U.S. and Afghan forces are bracing for a possible backlash after at least eight Afghan civilians were killed in a military operation in eastern Afghanistan Sunday. Correspondent Benjamin Sand has more from VOA's South Asia bureau in Islamabad.

U.S. military officials in Afghanistan say Sunday's deadly incident was sparked by a suicide bomb attack on an American Marine convoy - not far from the eastern city of Jalalabad.

The Marines say they opened fired after an explosives-packed vehicle rammed their convoy and militants attacked with machine guns.

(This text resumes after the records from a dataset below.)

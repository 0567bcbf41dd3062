-- ===== src/Transfer/Suspend.antt =====
-- tealet_save_state as a whole, for a current tealet that does not exit: the walk along `g_prev`,
-- and then the slice of the current tealet.
use mathlib.Core.Bool.{false≢true}
use libtealet.Base.{
  ◌<◌, ◌≡◌, ◌≢◌, refl, sym, ap, subst, ◌∙◌, inl, inr, Bool, true, false, not, ◌||◌, List, ◌==◌,
  if◌then◌else◌, has, Within, Bool-cases, ==→eq, ==→ne, eq→==, ne→==,
}
use libtealet.Platform.{Ptr, null, Platform, IsDescending}
use libtealet.Memory.{Mem}
use libtealet.Domain.{
  fixed, Domain, Stack, Stats, Tealet, TealetFlags, Code, done, err_mem, is_error, set_flags,
}
use libtealet.Growth.{stack_grow_list, stack_saveto}
use libtealet.Growth.Bands.{Bands, Grew}
use libtealet.Growth.Walked.{Held, intact, lost, Walked, TargetEnds, main_stack}
use libtealet.Transfer.{save_current, save_exiting, save_state}
use libtealet.Transfer.Invariant.{Sliced, Nobody, Leaving, walked, walk-count, walk_done-Sliced}
use libtealet.Transfer.Save.{IsFresh, Own, saved, given_up, Parked, save_current-ParkedOr}

-- Flags have nothing to do with the stacks.
pub set_flags-Sliced :
    (lo : Ptr) (Exempt : Ptr → Stack → Type 0) (t : Ptr) (f : TealetFlags) (d : Domain)
    → Sliced lo Exempt d
    → Sliced lo Exempt (set_flags t f d)
set_flags-Sliced lo Exempt t f d sliced = record {
  bands = sliced.bands;
  no_null = sliced.no_null;
  linked = sliced.linked;
  whole = sliced.whole;
  full = sliced.full;
  within = sliced.within;
  owned = λ u h. elim (Bool-cases (u == t)) [
    | inl e ↦ rw e (sliced.owned t (rw e at h))
    | inr e ↦ rw e (sliced.owned u (rw e at h))
  ];
}

-- The state as tealet_save_state begins, but for the flag that it takes back.
abbrev pub unforced : Domain → Domain
unforced d = set_flags d.current (record ((d.tealets d.current).flags) { saveforce = false }) d

-- Whether a tealet may not be lost: nobody forces the transfer, or main is the one that runs.
abbrev pub fail_ok : Domain → Bool
fail_ok d = not (d.tealets d.current).flags.saveforce || d.current == d.main

-- A stack after tealet_save_state: the same, with perhaps more saved; or given up, which needs a
-- forced transfer and, for the target's, that others share it.
pub data Fate (forced : Bool) (target j : Ptr) (m : Mem) (s s' : Stack) : Type 0 where
  survives : Grew m s s' → Fate forced target j m s s'
  is_lost :
      forced ≡ true
      → (j ≡ target → 1 < s.refcount)
      → s'.is_defunct ≡ true
      → s'.refcount ≡ s.refcount
      → s'.stack_far ≡ s.stack_far
      → Fate forced target j m s s'

pub record Suspended (stop q : Ptr) (d d' : Domain) : Type 0 where
  pub same_mem : d'.mem ≡ d.mem
  pub same_current : d'.current ≡ d.current
  pub same_target : d'.target ≡ d.target
  pub same_main : d'.main ≡ d.main
  pub same_fixed : fixed d' ≡ fixed d
  pub own_far : (d'.tealets d.current).stack_far ≡ (d.tealets d.current).stack_far
  pub own_exiting : (d'.tealets d.current).flags.exiting ≡ (d.tealets d.current).flags.exiting
  pub elsewhere :
      (j : Ptr) → j ≢ (d'.tealets d.current).stack → (d'.stacks j).refcount ≡ (d.stacks j).refcount
  pub same_tealet : (t : Ptr) → t ≢ d.current → d'.tealets t ≡ d.tealets t
  pub same_stack : (t : Ptr) → t ≢ d.current → (d'.tealets t).stack ≡ (d.tealets t).stack
  pub same_tealet_far :
      (t : Ptr) → t ≢ d.current → (d'.tealets t).stack_far ≡ (d.tealets t).stack_far
  pub sliced : Sliced stop (Leaving q) d'
  pub fate :
      (j : Ptr)
      → 0 < (d.stacks j).refcount
      → Fate (not (fail_ok d)) q j d.mem (d.stacks j) (d'.stacks j)
  pub own : Own d.sp (fail_ok d) d d'

-- The state after a tealet_save_state that fails: no tealet has moved, and no stack is lost.
pub record Untouched (q : Ptr) (d d' : Domain) : Type 0 where
  pub same_mem : d'.mem ≡ d.mem
  pub same_current : d'.current ≡ d.current
  pub same_tealets : (t : Ptr) → (d'.tealets t).stack ≡ (d.tealets t).stack
  pub fate : (j : Ptr) → Fate (not (fail_ok d)) q j d.mem (d.stacks j) (d'.stacks j)

pub data Saving (stop q : Ptr) (d : Domain) (r : Bool × Domain) : Type 0 where
  all_saved : r.0 ≡ true → Suspended stop q d r.1 → Saving stop q d r
  not_saved : r.0 ≡ false → Untouched q d r.1 → Saving stop q d r

save_current_forced :
    (pf : Platform) (sp stop : Ptr) (b : Bool) (d : Domain)
    → b ≡ false
    → (save_current pf sp stop b d).0 ≡ true
unfolding save_current
save_current_forced pf sp stop true d e = absurd (cc)
save_current_forced pf sp stop false d e =
    elim (Bool-cases ((stack_saveto pf sp (d.tealets d.current).stack_far stop d).0 == null)) [
      | inl i ↦ rw i refl
      | inr i ↦ rw i refl
    ]

module _ (pf : Platform) (law : IsDescending pf) (d : Domain)
    (sliced : Sliced (d.tealets d.current).stack_far Nobody d) (fresh : IsFresh d)
    (inside : d.sp < (d.tealets d.current).stack_far)
    (stays : (d.tealets d.current).flags.exiting ≡ false) (other : d.target ≢ d.current) where
  abbrev q : Ptr
  q = (d.tealets d.target).stack

  abbrev stop : Ptr
  stop = (d.tealets d.target).stack_far

  ends : TargetEnds stop q d.prev d.stacks
  ends h = elim (Bool-cases (q == null)) [
    | inl e ↦
        absurd
          (false≢true (sym sliced.no_null ∙ subst (λ i. has i d.prev ≡ true) (==→eq q null e) h))
    | inr e ↦ (sliced.owned d.target (==→ne q null e)).1
  ]

  abbrev grown_list : Code × Domain
  grown_list = stack_grow_list pf d.prev stop q (fail_ok d) (unforced d)

  sliced' : Sliced (d.tealets d.current).stack_far Nobody (unforced d)
  sliced' = set_flags-Sliced _ Nobody d.current _ d sliced

  to_Fate :
      (ms j : Ptr) (s s' : Stack) (b : Bool)
      → Held d.mem b q ms j s s'
      → Fate (not b) q j d.mem s s'
  to_Fate ms j s s' b (intact g) = survives g
  to_Fate ms j s s' b (lost a n t e f g c) = is_lost (rw a refl) t e c g

  abbrev resume_from : (Ptr → Stack) → List Ptr → List Ptr → Stats → Domain
  resume_from stacks prev answers stats = record (unforced d) {
    stacks = stacks;
    prev = prev;
    answers = answers;
    stats = stats;
  }

  own_far : ((unforced d).tealets d.current).stack_far ≡ (d.tealets d.current).stack_far
  own_far = rw (eq→== d.current d.current refl)

  other_tealet : (t : Ptr) → t ≢ d.current → (unforced d).tealets t ≡ d.tealets t
  other_tealet t n = rw (ne→== t d.current n)

  unmoved :
      (stacks : Ptr → Stack) (prev answers : List Ptr) (stats : Stats)
      → ((j : Ptr) → Fate (not (fail_ok d)) q j d.mem (d.stacks j) (stacks j))
      → Untouched q d (resume_from stacks prev answers stats)
  unmoved stacks prev answers stats fates = record {
    same_mem = refl;
    same_current = refl;
    same_tealets = λ t. elim (Bool-cases (t == d.current)) [
      | inl e ↦ rw (e, ==→eq t d.current e)
      | inr e ↦ rw e
    ];
    fate = fates;
  }

  module _ (stacks : Ptr → Stack) (prev answers : List Ptr) (stats : Stats)
      (fates : (j : Ptr) → Fate (not (fail_ok d)) q j d.mem (d.stacks j) (stacks j))
      (count : (j : Ptr) → (stacks j).refcount ≡ (d.stacks j).refcount) where
    abbrev d2 : Domain
    d2 = resume_from stacks prev answers stats

    Own-of : (d' : Domain) → Own d.sp (fail_ok d) d2 d' → Own d.sp (fail_ok d) d d'
    Own-of d' (saved p a b c e f g h i) = saved p a b c (e ∙ own_far) f (sym (count p) ∙ g) h i
    Own-of d' (given_up a b c) = given_up a b (c ∙ rw (eq→== d.current d.current refl))

    Parked-Suspended : (d' : Domain) → Parked stop q d.sp (fail_ok d) d2 d' → Suspended stop q d d'
    Parked-Suspended d' k = record {
      same_mem = k.same_mem;
      same_current = k.same_current;
      same_target = k.same_target;
      same_main = k.same_main;
      same_fixed = k.same_fixed;
      own_far = k.own_far ∙ own_far;
      own_exiting = k.own_exiting ∙ rw (eq→== d.current d.current refl);
      elsewhere = λ j n. k.elsewhere j n ∙ count j;
      same_tealet = λ t n. k.same_tealet t n ∙ other_tealet t n;
      same_stack = λ t n. ap (λ (x : Tealet). x.stack) (k.same_tealet t n ∙ other_tealet t n);
      same_tealet_far =
          λ t n. ap (λ (x : Tealet). x.stack_far) (k.same_tealet t n ∙ other_tealet t n);
      sliced = k.sliced;
      fate = λ j l. rw (k.others j (rw (count j) l)) (fates j);
      own = Own-of d' k.own;
    }

    settle :
        Sliced stop (Leaving q) d2
        → Bands stacks (d.tealets d.current).stack_far prev
        → Within answers d.answers
        → Saving stop q d (save_current pf d.sp stop (fail_ok d) d2)
    settle sl b w =
        elim (save_current-ParkedOr pf law d.sp stop q (fail_ok d) d2 sl (rw own_far b)
          (λ a h n. count a ∙ fresh a (w a h) n) (rw own_far inside)) [
            | inl (a, e, f) ↦ rw e (not_saved refl (unmoved stacks prev a stats fates))
            | inr (e, k) ↦ all_saved e (Parked-Suspended _ k)
          ]

  -- The branches of tealet_save_state after its walk.
  chosen :
      (c : Code) (x : Bool) (stopped left went : Bool × Domain)
      → c ≡ done
      → x ≡ false
      → went ≡ (if is_error c then stopped else (if x then left else went))
  chosen c x stopped left went ok bad = rw (ok, bad) refl

  chosen_failed :
      (c : Code) (x : Bool) (stopped left went : Bool × Domain)
      → c ≡ err_mem
      → stopped ≡ (if is_error c then stopped else (if x then left else went))
  chosen_failed c x stopped left went bad = rw bad refl

  abbrev walk :
      Walked stop q (fail_ok d) (d.tealets d.current).stack_far d.prev (unforced d) grown_list
  walk = walked pf law stop q (fail_ok d) _ (unforced d) sliced' ends

  fates : (j : Ptr) → Fate (not (fail_ok d)) q j d.mem (d.stacks j) ((grown_list.1).stacks j)
  fates j = to_Fate _ j _ _ _ (walk.held j)

  settled :
      grown_list.0 ≡ done → Saving stop q d (save_current pf d.sp stop (fail_ok d) (grown_list.1))
  settled ok =
      subst (λ x. Saving stop q d (save_current pf d.sp stop (fail_ok d) x)) (sym walk.frame)
        (settle (grown_list.1).stacks (grown_list.1).prev (grown_list.1).answers
          (grown_list.1).stats fates
          (walk-count pf law stop q (fail_ok d) _ (unforced d) sliced' ends)
          (subst (λ x. Sliced stop (Leaving q) x) walk.frame
            (walk_done-Sliced pf law stop q (fail_ok d) _ (unforced d) sliced' ends ok))
          walk.bands_failed walk.supply)

  stopped : Saving stop q d (false, grown_list.1)
  stopped =
      subst (λ (x : Domain). Saving stop q d (false, x)) (sym walk.frame)
        (not_saved refl (
          unmoved (grown_list.1).stacks (grown_list.1).prev (grown_list.1).answers
            (grown_list.1).stats fates))

  -- tealet_save_state, of a transfer to another tealet by one that does not exit, under the
  -- invariant and with an allocator that hands out no block in use: either everything that the
  -- target's stack will overwrite is saved, or it answers false with memory, the current
  -- tealet and all holders of stacks as before. Either way a stack is given up only in a
  -- forced transfer, and the target's own only if it is shared.
  pub save_state-Saving : Saving stop q d (save_state pf d.sp d)
  unfolding save_state
  save_state-Saving = elim walk.code [
    | inl ok ↦
        rw (ne→== _ _ other)
          (subst (Saving stop q d) (chosen grown_list.0 _ _ _ _ ok stays) (settled ok))
    | inr (bad, why) ↦ rw (ne→== _ _ other) (
        subst (Saving stop q d)
          (chosen_failed grown_list.0 (d.tealets d.current).flags.exiting (false, grown_list.1)
            (true, save_exiting pf (grown_list.1))
            (save_current pf d.sp stop (fail_ok d) (grown_list.1)) bad)
          stopped)
  ]

  -- The stack of the main tealet is the same with the flag taken back.
  main_same : main_stack (unforced d) ≡ main_stack d
  main_same = same d.main
    where
      same : (t : Ptr) → ((unforced d).tealets t).stack ≡ (d.tealets t).stack
      same t = elim (Bool-cases (t == d.current)) [
        | inl e ↦ rw (e, ==→eq t d.current e)
        | inr e ↦ rw e
      ]

  -- A forced transfer is not held up by memory, unless it is the main tealet's stack that wants it.
  pub save_state_forced :
      fail_ok d ≡ false
      → ((has (main_stack d) d.prev ≡ true)
          → (main_stack d ≡ q → 1 < (d.stacks (main_stack d)).refcount)
          → ⊥)
      → (save_state pf d.sp d).0 ≡ true
  unfolding save_state
  save_state_forced forced enough = elim walk.code [
    | inl ok ↦ rw (ne→== _ _ other) (
        subst (λ (r : Bool × Domain). r.0 ≡ true) (chosen grown_list.0 _ _ _ _ ok stays)
          (save_current_forced pf d.sp stop (fail_ok d) grown_list.1 forced))
    | inr (bad, inl ok) ↦ absurd (false≢true (sym forced ∙ ok))
    | inr (bad, inr (h, shared)) ↦ absurd (
        enough (subst (λ p. has p d.prev ≡ true) main_same h)
          (subst (λ p. p ≡ q → 1 < (d.stacks p).refcount) main_same shared))
  ]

Spokesman Major Chris Belcher says civilians were killed in the exchange.

"There are reports of death and injuries to Afghan nationals confirmed by Afghan and coalition authorities," Belcher says.

Local eyewitnesses say American soldiers fired indiscriminately into groups of Afghan cars and pedestrians as they tried to escape the area.

Protests erupted almost immediately in the region and troops are braced for angry demonstrations.

Afghan President Hamid Karzai has repeatedly denounced U.S. and coalition military action that harms civilians. It is a major concern for Afghans who have endured more than three decades of foreign invasion and civil unrest.

U.S. and NATO troops are in Afghanistan to provide security and fight a militant insurgency by the former Taleban - which was ousted from power in 2001 for helping al-Qaida terrorists.